Learning Time-Varying Graph Signals via Koopman
This work addresses the challenge of handling dynamic graph data for applications like predicting graph evolution, but it appears incremental as it adapts an existing method to a specific domain.
The paper tackles the problem of modeling and analyzing time-varying graph data, such as sensor measurements or UAV trajectories, by proposing a Koopman autoencoder framework to learn underlying non-linear dynamics for prediction and reconstruction tasks, achieving unspecified results without concrete numbers.

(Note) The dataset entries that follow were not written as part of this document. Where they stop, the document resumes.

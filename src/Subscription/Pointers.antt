-- ===== src/Subscription/Pointers.antt =====
-- The pointers of `subscriptionMap` (include/SubscriptionManager.h) into the deque of the items.
pub mod Calls
pub mod Requests
pub mod Roster
pub mod Joins
pub mod Departure
pub mod Changes
pub mod Arrival
use device_access_opc_ua_bac.Prelude.{
  ℕ, suc, Bool, true, false, ◌≡◌, ◌≢◌, refl, sym, ap, List, [], ◌∷◌, map, Option, none, some, arith,
  All, All-map, ◌==◌, ==_iff, Bool-cases, Option-cases, inl, inr, ◌∙◌,
}
use device_access_opc_ua_bac.Prelude.Map
use device_access_opc_ua_bac.Prelude.Map.{lookup, assign, erase}
use device_access_opc_ua_bac.Prelude.Deque
use device_access_opc_ua_bac.Prelude.Deque.{
  Deque, Placed, map_cells, update_cells, lookup-update_cells, lookup-map_cells,
  update_cells-Placed, map_cells-Placed,
}
use device_access_opc_ua_bac.Subscription.Accessors.{
  AllManned, KeepsManned, map_cells-AllManned, update_cells-AllManned,
}
use device_access_opc_ua_bac.System.{System, MonitorItem}
use device_access_opc_ua_bac.Subscription.{is_running}

abbrev pub Items : Type 0
Items = Deque MonitorItem

-- The pointer leads to an item that is monitored under this id.
abbrev pub PointsAt : Items → ℕ → ℕ → Type 0
PointsAt d id a =
    (i : MonitorItem) × (Deque.deref d a ≡ some i) × (i.id ≡ id) × (i.is_monitored ≡ true)

abbrev pub Points : Items → List (ℕ × ℕ) → Type 0
Points d = All (λ e. PointsAt d e.0 e.1)

abbrev pub addresses : List (ℕ × MonitorItem) → List ℕ
addresses = map (λ c. c.0)

abbrev pub Unmonitored : ℕ → Items → Type 0
Unmonitored a d = (i : MonitorItem) → Deque.deref d a ≡ some i → i.is_monitored ≡ false

abbrev pub Focus : Option ℕ → Items → Type 0
Focus none d = Unit {0}
Focus (some a) d = Unmonitored a d

-- The items stand at the addresses `places`, every pointer of the map is good, its keys rise, and the
-- item in focus, if there is one, is not monitored; each item has accessors, which are alive.
pub record Good (live places : List ℕ) (o : Option ℕ) (d : Items) (m : List (ℕ × ℕ)) : Type 0 where
  pub placed : Placed d.fresh d.cells
  pub points : Points d m
  pub sorted : Map.Rising 0 m
  pub addressed : addresses d.cells ≡ places
  pub focus : Focus o d
  pub manned : AllManned live d.cells

-- Monitored items stay what they are.
abbrev pub Tracks : Items → Items → Type 0
Tracks d e =
    (a : ℕ) (i : MonitorItem) → Deque.deref d a ≡ some i → i.is_monitored ≡ true → PointsAt e i.id a

pub Points-Tracks : (d e : Items) (m : List (ℕ × ℕ)) → Tracks d e → Points d m → Points e m
Points-Tracks d e m t =
    All-map _ _
      (λ c p.
        let (i, at, same, on) = p in
        let (j, at', same', on') = t c.1 i at on in (j, at', same' ∙ same, on'))
      m

-- A change of an item that leaves its id and whether it is monitored.
abbrev pub IsGentle : (MonitorItem → MonitorItem) → Type 0
IsGentle f = (i : MonitorItem) → ((f i).id ≡ i.id) × ((f i).is_monitored ≡ i.is_monitored)

addresses-map_cells :
    (f : MonitorItem → MonitorItem) (cs : List (ℕ × MonitorItem))
    → addresses (map_cells f cs) ≡ addresses cs
unfolding map_cells
addresses-map_cells f [] = refl
addresses-map_cells f ((a, i) ∷ cs) = ap (◌∷◌ a) (addresses-map_cells f cs)

pub addresses-update_cells :
    (a : ℕ) (f : MonitorItem → MonitorItem) (cs : List (ℕ × MonitorItem))
    → addresses (update_cells a f cs) ≡ addresses cs
unfolding update_cells
addresses-update_cells a f [] = refl
addresses-update_cells a f ((b, i) ∷ cs) = ap (◌∷◌ b) (addresses-update_cells a f cs)

pub map_items-Tracks :
    (f : MonitorItem → MonitorItem) (d : Items) → IsGentle f → Tracks d (Deque.map_items f d)
map_items-Tracks f d g a i at on =
    (f i, ground (arith, lookup-map_cells a f d.cells), (g i).0, (g i).1 ∙ on)

pub modify-Tracks :
    (b : ℕ) (f : MonitorItem → MonitorItem) (d : Items) → IsGentle f → Tracks d (Deque.modify d b f)
modify-Tracks b f d g a i at on = elim (Bool-cases (b == a)) [
  | inl e ↦ (f i, rw (lookup-update_cells b a f d.cells, e, at), (g i).0, (g i).1 ∙ on)
  | inr e ↦ (i, rw (lookup-update_cells b a f d.cells, e, at), refl, on)
]

abbrev pub KeepsUnmonitored : (MonitorItem → MonitorItem) → Type 0
KeepsUnmonitored f = (i : MonitorItem) → i.is_monitored ≡ false → (f i).is_monitored ≡ false

map_items-Focus :
    (f : MonitorItem → MonitorItem) (o : Option ℕ) (d : Items)
    → KeepsUnmonitored f
    → Focus o d
    → Focus o (Deque.map_items f d)
map_items-Focus f none d k u = tt
map_items-Focus f (some a) d k u = λ i at. elim (Option-cases (lookup a d.cells)) [
  | inl e ↦ ground (arith, lookup-map_cells a f d.cells)
  | inr (j, e) ↦ ground (arith, lookup-map_cells a f d.cells, u j e, k j)
]

pub modify-Focus :
    (b : ℕ) (f : MonitorItem → MonitorItem) (o : Option ℕ) (d : Items)
    → KeepsUnmonitored f
    → Focus o d
    → Focus o (Deque.modify d b f)
modify-Focus b f none d k u = tt
modify-Focus b f (some a) d k u = λ i at. elim (Option-cases (lookup a d.cells)) [
  | inl e ↦ ground (arith, lookup-update_cells b a f d.cells)
  | inr (j, e) ↦ ground (arith, lookup-update_cells b a f d.cells, u j e, k j)
]

module _ (live places : List ℕ) (o : Option ℕ) (d : Items) (m : List (ℕ × ℕ)) where
  pub map_items-Good :
      (f : MonitorItem → MonitorItem)
      → IsGentle f
      → KeepsManned live f
      → Good live places o d m
      → Good live places o (Deque.map_items f d) m
  map_items-Good f g q h = record {
    placed = map_cells-Placed d.fresh f d.cells h.placed;
    points = Points-Tracks d (Deque.map_items f d) m (map_items-Tracks f d g) h.points;
    sorted = h.sorted;
    addressed = addresses-map_cells f d.cells ∙ h.addressed;
    focus = map_items-Focus f o d (λ i e. (g i).1 ∙ e) h.focus;
    manned = map_cells-AllManned live f d.cells q h.manned;
  }

  pub modify-Good :
      (a : ℕ) (f : MonitorItem → MonitorItem)
      → IsGentle f
      → KeepsManned live f
      → Good live places o d m
      → Good live places o (Deque.modify d a f) m
  modify-Good a f g q h = record {
    placed = update_cells-Placed d.fresh a f d.cells h.placed;
    points = Points-Tracks d (Deque.modify d a f) m (modify-Tracks a f d g) h.points;
    sorted = h.sorted;
    addressed = addresses-update_cells a f d.cells ∙ h.addressed;
    focus = modify-Focus a f o d (λ i e. (g i).1 ∙ e) h.focus;
    manned = update_cells-AllManned live a f d.cells q h.manned;
  }

  -- An emptied map has no pointer to keep good.
  pub reset-Good :
      (f : MonitorItem → MonitorItem)
      → KeepsUnmonitored f
      → KeepsManned live f
      → Good live places o d m
      → Good live places o (Deque.map_items f d) []
  reset-Good f k q h = record {
    placed = map_cells-Placed d.fresh f d.cells h.placed;
    points = tt;
    sorted = tt;
    addressed = addresses-map_cells f d.cells ∙ h.addressed;
    focus = map_items-Focus f o d k h.focus;
    manned = map_cells-AllManned live f d.cells q h.manned;
  }

-- Only a thread in its loop runs, and the callbacks know the client.
abbrev pub Attached : System → Type 0
Attached s = (s.run ≡ true → is_running s.thread ≡ true) × (s.registered ≡ true)

-- What every operation of the manager keeps.
abbrev pub Held : List ℕ → Option ℕ → System → Type 0
Held places o s = Good s.live places o s.items s.subscription_map × Attached s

A wide variety of real-world data, such as sea measurements, e.g., temperatures collected by distributed sensors and multiple unmanned aerial vehicles (UAV) trajectories, can be naturally represented as graphs, often exhibiting non-Euclidean structures. These graph representations may evolve over time, forming time-varying graphs. Effectively modeling and analyzing such dynamic graph data is critical for tasks like predicting graph evolution and reconstructing missing graph data. In this paper, we propose a framework based on the Koopman autoencoder (KAE) to handle time-varying graph data. Specifically, we assume the existence of a hidden non-linear dynamical system, where the state vector corresponds to the graph embedding of the time-varying graph signals. To capture the evolving graph structures, the graph data is first converted into a vector time series through graph embedding, representing the structural information in a finite-dimensional latent space. In this latent space, the KAE is applied to learn the underlying non-linear dynamics governing the temporal evolution of graph features, enabling both prediction and reconstruction tasks.